Add these jvm parameters.
-XX:-HeapDumpOnOutOfMemoryError
-XX:HeapDumpPath=\heapdump.hprof

Solving certain types of OutOfMemory conditions
Profiling can help identify the reason behind various memory related problems such as:

OutOfMemoryError:unable to create a new thread –
Inspect your heap usage. Get a thread dump to see if certain threads are never exiting. If your application is not leaking memory, perhaps you simply need to increase the max heap size (-Xmx). A high stack size setting (-Xss > a few hundred kb) could also cause this error. Consider reducing this setting, so more threads can be spawned.

OutOfMemoryError:PermGen space –
This error indicates that the perm gen space is not sufficient to load all the classes needed by the application.
Try increasing the max perm gen setting (-XX:MaxPermSize).

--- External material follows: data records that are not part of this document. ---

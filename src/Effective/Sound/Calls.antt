-- ===== src/Effective/Sound/Calls.antt =====
-- Each call but a read is a sound write.
use tak_mdm.Base.{
  ℕ, String, Bool, true, false, ◌≡◌, refl, sym, subst, Option, none, some, List, [], ◌∷◌, ◌++◌,
  if◌then◌else◌, In, keep, map, any, inl, inr, Bool-cases, Option-cases, not, ◌⊎◌,
}
use tak_mdm.Base.Int.{ℤ}
use tak_mdm.Base.Membership.{In-map→, In-keep→, In-append→}
use tak_mdm.Base.Text.{text_eq}
use tak_mdm.Deployment.{Deployable, is_archived}
use tak_mdm.Deployment.Sweep.{Item, policy, profile, activate, activate_all, write, begin, columns}
use tak_mdm.Base.Rows.{OneRow-map, OneRow-keep, OneRow-add, changed_id}
use tak_mdm.Effective.{policy_by_id}
use tak_mdm.Effective.Affected.{IsConsistent, Targets}
use tak_mdm.Effective.Calls.{or_same}
use tak_mdm.Effective.Consistent.{with_assignments-IsConsistent}
use tak_mdm.Effective.Invalidation.{Fleet, invalidate_for_assignment, devices_targeted_by}
use tak_mdm.Effective.Reach.Assignments.{unreached, same_rows, added, changed, dropped}
use tak_mdm.Effective.Rows.{
  Assignment, AssignmentScope, device, group, PolicyProfile, PolicyVersion,
}
use tak_mdm.Effective.Sound.{
  IsSound, IsSound-refl, IsSound-trans, put_policy-IsSound, put_profile-IsSound,
  invalidated-IsSound,
}
use tak_mdm.Effective.Writes.{
  archive_policy, restore_policy, publish_version, restore_profile, create_assignment,
  update_assignment, delete_assignment, deploy_policy, deploy_profile, set_archived, add_version,
  put_assignment, new_assignment, updated, is_empty, with_tables,
}
use tak_mdm.Json.{Fields}

pub publish-IsSound :
    (id : String) (spec : Fields) (f : Fleet)
    → IsConsistent f.tables
    → IsSound f (or_same f (publish_version id spec f))
unfolding publish_version add_version
publish-IsSound id spec f ok = elim (Option-cases (policy_by_id id f.tables.policies)) [
  | inl e ↦ rw (publish_version, e) (IsSound-refl f ok)
  | inr (p, e) ↦
      rw (publish_version, e)
        (put_policy-IsSound f id (add_version spec) (λ p. refl) (λ p. refl) ok)
]

pub archive-IsSound :
    (now : ℕ) (id : String) (f : Fleet)
    → IsConsistent f.tables
    → IsSound f (or_same f (archive_policy now id f))
unfolding archive_policy
archive-IsSound now id f ok = elim (Option-cases (policy_by_id id f.tables.policies)) [
  | inl e ↦ rw (archive_policy, e) (IsSound-refl f ok)
  | inr (p, e) ↦ elim (Bool-cases (is_archived p.deployment)) [
    | inl a ↦ rw (archive_policy, e, a) (IsSound-refl f ok)
    | inr a ↦
        rw (archive_policy, e, a)
          (put_policy-IsSound f id (deploy_policy (set_archived (some now))) (λ p. refl) (λ p. refl)
            ok)
  ]
]

pub restore-IsSound :
    (id : String) (f : Fleet) → IsConsistent f.tables → IsSound f (or_same f (restore_policy id f))
unfolding restore_policy
restore-IsSound id f ok = elim (Option-cases (policy_by_id id f.tables.policies)) [
  | inl e ↦ rw (restore_policy, e) (IsSound-refl f ok)
  | inr (p, e) ↦ elim (Bool-cases (is_archived p.deployment)) [
    | inl a ↦
        rw (restore_policy, e, a)
          (put_policy-IsSound f id (deploy_policy (set_archived none)) (λ p. refl) (λ p. refl) ok)
    | inr a ↦ rw (restore_policy, e, a) (IsSound-refl f ok)
  ]
]

pub restore_profile-IsSound :
    (p : PolicyProfile) (f : Fleet) → IsConsistent f.tables → IsSound f (restore_profile p f)
unfolding restore_profile
restore_profile-IsSound p f ok = elim (Bool-cases (is_archived p.deployment)) [
  | inl a ↦
      rw (restore_profile, a)
        (put_profile-IsSound f p.id (deploy_profile (set_archived none)) (λ p. refl) (λ p. refl) ok)
  | inr a ↦ rw (restore_profile, a) (IsSound-refl f ok)
]

pub write-IsSound :
    (item : Item) (how : Deployable → Deployable) (f : Fleet)
    → IsConsistent f.tables
    → IsSound f (write item how f)
unfolding write
write-IsSound (policy p) how f ok =
    put_policy-IsSound f p.id (deploy_policy how) (λ p. refl) (λ p. refl) ok
write-IsSound (profile p) how f ok =
    put_profile-IsSound f p.id (deploy_profile how) (λ p. refl) (λ p. refl) ok

pub activate-IsSound :
    (now : ℕ) (item : Item) (f : Fleet) → IsConsistent f.tables → IsSound f (activate now item f).1
unfolding activate
activate-IsSound now item f ok = elim (Bool-cases (columns item).pending_deployment) [
  | inl e ↦ rw (activate, e) (write-IsSound item (begin now) f ok)
  | inr e ↦ rw (activate, e) (IsSound-refl f ok)
]

pub activate_all-IsSound :
    (now : ℕ) (items : List Item) (f : Fleet)
    → IsConsistent f.tables
    → IsSound f (activate_all now items f).1
unfolding activate_all
activate_all-IsSound now [] f ok = IsSound-refl f ok
activate_all-IsSound now (item ∷ items) f ok =
    let first = activate-IsSound now item f ok in
    IsSound-trans f (activate now item f).1 (activate_all now items (activate now item f).1).1 first
      (activate_all-IsSound now items (activate now item f).1 first.consistent)

-- A row that obeys the constraint, under an id that is free.
add-IsSound :
    (a : Assignment) (f : Fleet)
    → Targets a.scope a.device_id a.group_id
    → any (λ (b : Assignment). text_eq b.id a.id) f.tables.assignments ≡ false
    → IsConsistent f.tables
    → IsSound f (
        invalidate_for_assignment a
          (with_tables f (record f.tables { assignments = f.tables.assignments ++ a ∷ [] })))
unfolding invalidate_for_assignment
add-IsSound a f target free ok =
    invalidated-IsSound (devices_targeted_by f.devices a) f
      (record f.tables { assignments = f.tables.assignments ++ a ∷ [] })
      (with_assignments-IsConsistent (f.tables.assignments ++ a ∷ []) f.tables
        (OneRow-add (λ (b : Assignment). b.id) f.tables.assignments a free ok.one_assignment)
        (λ b i. obeys b (In-append→ f.tables.assignments (a ∷ []) b i)) ok)
      (λ d i out u reg.
        same_rows f.tables (f.tables.assignments ++ a ∷ []) d
          (added f.tables.assignments d a (unreached f.devices d a i target out)) u reg)
  where
    obeys :
        (b : Assignment)
        → In b f.tables.assignments ⊎ In b (a ∷ [])
        → Targets b.scope b.device_id b.group_id
    obeys b (inl i) = ok.assigned b i
    obeys b (inr (inl e)) = subst (λ c. Targets c.scope c.device_id c.group_id) (sym e) target
    obeys b (inr (inr i)) = absurd i

pub create-IsSound :
    (id policy_id : String) (scope : AssignmentScope) (target_id : String) (rank : ℤ)
    (enabled : Bool) (pinned : Option PolicyVersion) (f : Fleet)
    → any (λ (b : Assignment). text_eq b.id id) f.tables.assignments ≡ false
    → IsConsistent f.tables
    → IsSound f (create_assignment id policy_id scope target_id rank enabled pinned f)
unfolding create_assignment
create-IsSound id policy_id device target_id rank enabled pinned f free ok =
    add-IsSound (new_assignment id policy_id device target_id rank enabled pinned) f refl free ok
create-IsSound id policy_id group target_id rank enabled pinned f free ok =
    add-IsSound (new_assignment id policy_id group target_id rank enabled pinned) f refl free ok

-- Only the rank and the flag are written.
columns_of_updated :
    (rank : Option ℤ) (enabled : Option Bool) (a : Assignment)
    → ((updated rank enabled a).id ≡ a.id)
      × ((updated rank enabled a).scope ≡ a.scope)
      × ((updated rank enabled a).device_id ≡ a.device_id)
      × ((updated rank enabled a).group_id ≡ a.group_id)
columns_of_updated none none a = (refl, refl, refl, refl)
columns_of_updated none (some e) a = (refl, refl, refl, refl)
columns_of_updated (some r) none a = (refl, refl, refl, refl)
columns_of_updated (some r) (some e) a = (refl, refl, refl, refl)

module _ (a : Assignment) (f : Fleet) (i : In a f.tables.assignments)
    (ok : IsConsistent f.tables) where
  put-IsSound :
      (how : Assignment → Assignment)
      → ((b : Assignment) → (how b).id ≡ b.id)
      → ((b : Assignment) → (how b).scope ≡ b.scope)
      → ((b : Assignment) → (how b).device_id ≡ b.device_id)
      → ((b : Assignment) → (how b).group_id ≡ b.group_id)
      → IsSound f (invalidate_for_assignment a (with_tables f (put_assignment a.id how f.tables)))
  unfolding invalidate_for_assignment put_assignment
  put-IsSound how same_id same_scope same_device same_group =
      invalidated-IsSound (devices_targeted_by f.devices a) f (put_assignment a.id how f.tables)
        (with_assignments-IsConsistent (map row f.tables.assignments) f.tables
          (OneRow-map (λ (b : Assignment). b.id) row f.tables.assignments
            (changed_id (λ (b : Assignment). b.id) (λ b. text_eq b.id a.id) how same_id)
            ok.one_assignment)
          (λ b j.
            let (c, k, q) = In-map→ row f.tables.assignments b j in
            subst (λ x. Targets x.scope x.device_id x.group_id) (sym q)
              (obeys c (text_eq c.id a.id) (ok.assigned c k)))
          ok)
        (λ d j out u reg.
          same_rows f.tables (map row f.tables.assignments) d
            (changed f.tables.assignments d a i ok.one_assignment
              (unreached f.devices d a j (ok.assigned a i) out) how same_device same_group)
            u reg)
    where
      row : Assignment → Assignment
      row b = if text_eq b.id a.id then how b else b

      obeys :
          (c : Assignment) (t : Bool)
          → Targets c.scope c.device_id c.group_id
          → Targets
              (if t then how c else c).scope
              (if t then how c else c).device_id
              (if t then how c else c).group_id
      obeys c true h = rw (same_scope c, same_device c, same_group c) h
      obeys c false h = h

  pub update-IsSound :
      (rank : Option ℤ) (enabled : Option Bool) → IsSound f (update_assignment a rank enabled f)
  unfolding update_assignment
  update-IsSound rank enabled = elim (Bool-cases (is_empty rank enabled)) [
    | inl e ↦ rw (update_assignment, e) (IsSound-refl f ok)
    | inr e ↦
        rw (update_assignment, e)
          (put-IsSound (updated rank enabled) (λ b. (columns_of_updated rank enabled b).0)
            (λ b. (columns_of_updated rank enabled b).1)
            (λ b. (columns_of_updated rank enabled b).2)
            (λ b. (columns_of_updated rank enabled b).3))
  ]

  pub delete-IsSound : IsSound f (delete_assignment a f)
  unfolding delete_assignment
  delete-IsSound =
      invalidated-IsSound (devices_targeted_by f.devices a) f
        (record f.tables { assignments = keep (λ b. not (text_eq b.id a.id)) f.tables.assignments })
        (with_assignments-IsConsistent (keep (λ b. not (text_eq b.id a.id)) f.tables.assignments)
          f.tables
          (OneRow-keep (λ (b : Assignment). b.id) (λ b. not (text_eq b.id a.id))
            f.tables.assignments ok.one_assignment)
          (λ b j.
            ok.assigned b (In-keep→ (λ c. not (text_eq c.id a.id)) f.tables.assignments b j).0)
          ok)
        (λ d j out u reg.
          same_rows f.tables (keep (λ b. not (text_eq b.id a.id)) f.tables.assignments) d
            (dropped f.tables.assignments d a i ok.one_assignment
              (unreached f.devices d a j (ok.assigned a i) out))
            u reg)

OutOfMemoryError:Out Of Swap Space –
This is a rather interesting error and one of the causes could be that there isn’t sufficient memory for the jvm to execute native code. The fix could be decreasing the heap size in contrast to the first error above, so as to make more space available for native code

Garbage collection in java
As described earlier, the heap consists of objects and their instance variables as well as the perm gen space where classes and their static variables are loaded. For the sake of garbage collection, the heap space is further broken up into generations as depicted below.


Newly created objects are stored in the eden space. As objects survive successive garbage collection runs,
they are moved from the eden space to one of the survivor spaces and finally to the tenured generation.

Garbage collectors exploit this partitioning in the memory to optimize collection routines. When a particular generation is filled up, garbage collection occurs in that generation.
The default garbage collector kicks off a minor collection to reclaim the young generation area. These are generally fast (hence minor) due to a short life of most objects in this area. Major collections sweep over the tenured generation and are relatively longer operations.

In addition to the default garbage collector that’s suited for most applications, there are three types of garbage collectors. The jvm can be instructed to use either of these by passing in certain jvm paramenters:
The throughput collector (-XX:+UseParallelGC)-
Uses a parallel version for minor collections.

The concurrent low pause collector (-XX:+UseConcMarkSweepGC) –
Tenured generation collections occur without completely halting the application. Minor collections are done using a parallel collector as with the throughput collector. Use this collector if your application cannot afford long pauses, but can afford to share processor resources with the garbage collector.

The incremental low pause collector (-Xincgc) -
Tenured generation objects are collected in small chunks at a time during minor collections, rather than kicking off independent major collections. Use this collector if your application cannot afford long pauses, and can’t afford to share processor resources with the garbage collector either

Tuning garbage collection and diagnosing issues
Garbage collection tuning is a two step process. First you need to size the various areas of the heap based on the nature of objects your application is anticipated to create. Various tuning parameters are available to control the size of each partition. If that by itself does not meet performance objectives, explore the option of using one of the specialized garbage collectors.